Given entries section start

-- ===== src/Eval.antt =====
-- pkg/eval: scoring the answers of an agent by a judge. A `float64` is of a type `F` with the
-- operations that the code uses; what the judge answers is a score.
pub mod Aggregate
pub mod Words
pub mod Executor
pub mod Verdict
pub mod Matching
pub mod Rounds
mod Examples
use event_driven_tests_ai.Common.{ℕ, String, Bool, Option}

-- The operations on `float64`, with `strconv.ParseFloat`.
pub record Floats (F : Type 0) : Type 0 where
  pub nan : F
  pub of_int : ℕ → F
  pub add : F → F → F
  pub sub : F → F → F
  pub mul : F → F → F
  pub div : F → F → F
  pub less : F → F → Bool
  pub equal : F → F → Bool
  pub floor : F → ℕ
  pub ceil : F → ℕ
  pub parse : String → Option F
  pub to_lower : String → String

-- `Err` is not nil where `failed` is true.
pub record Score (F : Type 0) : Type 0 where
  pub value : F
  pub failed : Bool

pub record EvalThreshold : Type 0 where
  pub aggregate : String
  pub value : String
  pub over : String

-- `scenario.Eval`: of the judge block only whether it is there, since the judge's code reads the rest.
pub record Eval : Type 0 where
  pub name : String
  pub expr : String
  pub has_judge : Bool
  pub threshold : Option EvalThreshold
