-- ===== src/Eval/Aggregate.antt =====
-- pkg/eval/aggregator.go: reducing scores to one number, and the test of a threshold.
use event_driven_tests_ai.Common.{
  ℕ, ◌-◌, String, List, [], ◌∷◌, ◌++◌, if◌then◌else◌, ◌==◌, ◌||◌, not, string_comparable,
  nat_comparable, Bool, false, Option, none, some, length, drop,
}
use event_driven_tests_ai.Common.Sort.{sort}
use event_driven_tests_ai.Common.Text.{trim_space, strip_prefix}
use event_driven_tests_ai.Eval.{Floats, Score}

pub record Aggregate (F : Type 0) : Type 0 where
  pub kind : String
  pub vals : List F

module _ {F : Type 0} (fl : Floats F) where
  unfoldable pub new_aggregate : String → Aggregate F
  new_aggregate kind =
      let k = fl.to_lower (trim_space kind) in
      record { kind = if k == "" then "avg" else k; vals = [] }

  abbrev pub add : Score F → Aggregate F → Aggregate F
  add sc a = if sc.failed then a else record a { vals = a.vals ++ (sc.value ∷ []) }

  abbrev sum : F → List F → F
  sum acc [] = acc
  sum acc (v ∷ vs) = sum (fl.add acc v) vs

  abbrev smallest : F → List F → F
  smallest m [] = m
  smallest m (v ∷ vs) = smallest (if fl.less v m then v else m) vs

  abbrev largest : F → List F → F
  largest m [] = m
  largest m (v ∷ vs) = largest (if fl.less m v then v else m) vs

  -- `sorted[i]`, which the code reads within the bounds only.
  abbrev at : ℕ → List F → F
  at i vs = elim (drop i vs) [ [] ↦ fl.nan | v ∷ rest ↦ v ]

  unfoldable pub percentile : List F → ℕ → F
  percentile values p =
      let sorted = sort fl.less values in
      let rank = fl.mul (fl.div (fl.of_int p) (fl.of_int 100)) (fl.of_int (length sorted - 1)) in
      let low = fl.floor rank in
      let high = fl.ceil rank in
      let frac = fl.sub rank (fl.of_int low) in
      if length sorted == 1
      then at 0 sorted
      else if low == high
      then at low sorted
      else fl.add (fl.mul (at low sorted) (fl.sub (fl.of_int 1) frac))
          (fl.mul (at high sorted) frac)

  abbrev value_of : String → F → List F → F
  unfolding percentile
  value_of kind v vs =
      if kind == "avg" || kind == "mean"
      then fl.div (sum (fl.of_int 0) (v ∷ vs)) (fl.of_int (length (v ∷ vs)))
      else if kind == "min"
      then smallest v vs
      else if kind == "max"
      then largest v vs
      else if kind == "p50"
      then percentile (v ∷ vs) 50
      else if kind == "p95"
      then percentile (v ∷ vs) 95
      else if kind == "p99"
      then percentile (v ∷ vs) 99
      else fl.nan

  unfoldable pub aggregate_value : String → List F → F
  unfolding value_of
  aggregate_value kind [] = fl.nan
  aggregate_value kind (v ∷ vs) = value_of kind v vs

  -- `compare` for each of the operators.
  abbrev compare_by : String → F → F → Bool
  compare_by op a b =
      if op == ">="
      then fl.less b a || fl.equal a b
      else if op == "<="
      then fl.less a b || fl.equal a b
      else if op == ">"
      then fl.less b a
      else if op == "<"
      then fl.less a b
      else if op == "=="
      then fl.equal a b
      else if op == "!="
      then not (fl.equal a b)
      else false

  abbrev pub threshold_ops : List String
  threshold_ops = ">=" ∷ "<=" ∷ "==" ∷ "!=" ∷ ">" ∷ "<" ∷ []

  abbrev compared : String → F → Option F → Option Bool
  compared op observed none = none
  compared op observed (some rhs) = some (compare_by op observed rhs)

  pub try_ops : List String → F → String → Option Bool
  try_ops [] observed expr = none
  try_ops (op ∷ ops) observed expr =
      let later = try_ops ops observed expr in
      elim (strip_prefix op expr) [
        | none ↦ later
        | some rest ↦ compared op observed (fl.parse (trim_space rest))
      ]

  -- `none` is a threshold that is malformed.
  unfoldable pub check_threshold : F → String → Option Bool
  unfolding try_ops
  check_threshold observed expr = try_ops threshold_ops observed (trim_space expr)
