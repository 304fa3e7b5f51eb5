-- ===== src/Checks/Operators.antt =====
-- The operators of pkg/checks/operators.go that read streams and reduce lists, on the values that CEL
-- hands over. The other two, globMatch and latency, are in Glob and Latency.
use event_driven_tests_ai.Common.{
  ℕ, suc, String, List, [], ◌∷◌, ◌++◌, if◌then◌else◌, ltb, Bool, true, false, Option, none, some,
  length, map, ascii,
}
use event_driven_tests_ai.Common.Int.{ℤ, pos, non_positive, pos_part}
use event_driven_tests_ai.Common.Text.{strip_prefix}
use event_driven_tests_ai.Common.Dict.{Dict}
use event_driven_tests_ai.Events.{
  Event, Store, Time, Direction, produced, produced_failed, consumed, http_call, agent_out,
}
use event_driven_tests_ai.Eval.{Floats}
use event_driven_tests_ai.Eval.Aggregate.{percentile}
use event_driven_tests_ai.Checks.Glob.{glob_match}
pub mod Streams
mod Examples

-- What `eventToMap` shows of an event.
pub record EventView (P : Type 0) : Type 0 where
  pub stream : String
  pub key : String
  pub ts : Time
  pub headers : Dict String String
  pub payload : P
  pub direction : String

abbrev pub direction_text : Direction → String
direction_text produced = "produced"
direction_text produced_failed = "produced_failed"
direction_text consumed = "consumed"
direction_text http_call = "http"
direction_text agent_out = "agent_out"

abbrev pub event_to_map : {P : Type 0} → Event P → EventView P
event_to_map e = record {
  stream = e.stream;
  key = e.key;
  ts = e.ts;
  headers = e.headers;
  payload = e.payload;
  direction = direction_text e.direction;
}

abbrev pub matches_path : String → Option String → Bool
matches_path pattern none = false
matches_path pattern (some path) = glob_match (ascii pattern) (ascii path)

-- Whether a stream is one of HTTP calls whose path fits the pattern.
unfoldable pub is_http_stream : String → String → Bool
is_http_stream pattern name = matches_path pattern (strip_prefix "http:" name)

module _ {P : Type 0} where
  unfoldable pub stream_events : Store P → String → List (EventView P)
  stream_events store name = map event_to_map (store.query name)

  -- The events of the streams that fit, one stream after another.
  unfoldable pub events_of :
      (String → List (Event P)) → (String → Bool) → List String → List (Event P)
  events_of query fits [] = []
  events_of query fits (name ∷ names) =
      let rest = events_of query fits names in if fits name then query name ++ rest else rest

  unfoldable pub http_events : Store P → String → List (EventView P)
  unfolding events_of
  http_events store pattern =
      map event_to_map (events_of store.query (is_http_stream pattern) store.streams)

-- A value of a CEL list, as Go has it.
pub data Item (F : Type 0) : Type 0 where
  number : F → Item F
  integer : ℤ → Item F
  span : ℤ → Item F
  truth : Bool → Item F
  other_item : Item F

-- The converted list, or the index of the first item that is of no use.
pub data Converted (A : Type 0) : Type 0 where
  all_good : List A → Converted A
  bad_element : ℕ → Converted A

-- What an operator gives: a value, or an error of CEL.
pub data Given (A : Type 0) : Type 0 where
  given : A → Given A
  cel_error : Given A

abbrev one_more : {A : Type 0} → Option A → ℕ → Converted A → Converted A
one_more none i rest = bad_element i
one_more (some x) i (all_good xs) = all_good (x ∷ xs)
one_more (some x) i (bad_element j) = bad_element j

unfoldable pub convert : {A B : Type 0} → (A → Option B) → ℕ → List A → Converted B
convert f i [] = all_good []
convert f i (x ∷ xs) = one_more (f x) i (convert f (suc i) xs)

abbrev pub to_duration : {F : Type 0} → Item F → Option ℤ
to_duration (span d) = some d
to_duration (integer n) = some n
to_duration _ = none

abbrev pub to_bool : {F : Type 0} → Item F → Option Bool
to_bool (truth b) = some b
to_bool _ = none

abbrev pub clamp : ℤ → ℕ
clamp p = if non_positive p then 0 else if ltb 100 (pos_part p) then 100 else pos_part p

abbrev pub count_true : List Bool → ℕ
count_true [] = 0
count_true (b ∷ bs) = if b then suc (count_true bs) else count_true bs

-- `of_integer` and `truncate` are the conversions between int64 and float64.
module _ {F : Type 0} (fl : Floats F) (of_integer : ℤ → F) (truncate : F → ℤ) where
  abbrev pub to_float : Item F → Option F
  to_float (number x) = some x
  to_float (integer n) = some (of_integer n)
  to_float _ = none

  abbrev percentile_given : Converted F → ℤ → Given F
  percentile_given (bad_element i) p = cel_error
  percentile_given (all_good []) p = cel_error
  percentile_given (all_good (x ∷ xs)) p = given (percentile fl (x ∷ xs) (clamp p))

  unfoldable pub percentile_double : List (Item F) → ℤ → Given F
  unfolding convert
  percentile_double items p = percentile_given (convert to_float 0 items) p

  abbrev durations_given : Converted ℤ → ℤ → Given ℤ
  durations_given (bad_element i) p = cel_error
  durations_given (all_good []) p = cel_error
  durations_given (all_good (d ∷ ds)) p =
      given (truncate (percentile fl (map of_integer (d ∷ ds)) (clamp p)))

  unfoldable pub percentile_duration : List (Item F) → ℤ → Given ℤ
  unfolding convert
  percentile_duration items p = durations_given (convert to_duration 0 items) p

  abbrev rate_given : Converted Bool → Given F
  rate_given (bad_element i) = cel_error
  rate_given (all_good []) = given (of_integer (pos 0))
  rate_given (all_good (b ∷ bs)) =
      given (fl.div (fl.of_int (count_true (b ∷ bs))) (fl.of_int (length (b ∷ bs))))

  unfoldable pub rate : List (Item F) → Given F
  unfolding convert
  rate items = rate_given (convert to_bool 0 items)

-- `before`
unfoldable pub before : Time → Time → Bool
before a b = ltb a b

Given entries section end

• _Work to be completed_
Only the lines above from the line containing "to_duration (integer n) = some n" through the line containing "int64 and float64." should be retyped, exactly and with both ends included.

• _Solution_
to_duration (integer n) = some n
to_duration _ = none

abbrev pub to_bool : {F : Type 0} → Item F → Option Bool
to_bool (truth b) = some b
to_bool _ = none

abbrev pub clamp : ℤ → ℕ
clamp p = if non_positive p then 0 else if ltb 100 (pos_part p) then 100 else pos_part p

abbrev pub count_true : List Bool → ℕ
count_true [] = 0
count_true (b ∷ bs) = if b then suc (count_true bs) else count_true bs

-- `of_integer` and `truncate` are the conversions between int64 and float64.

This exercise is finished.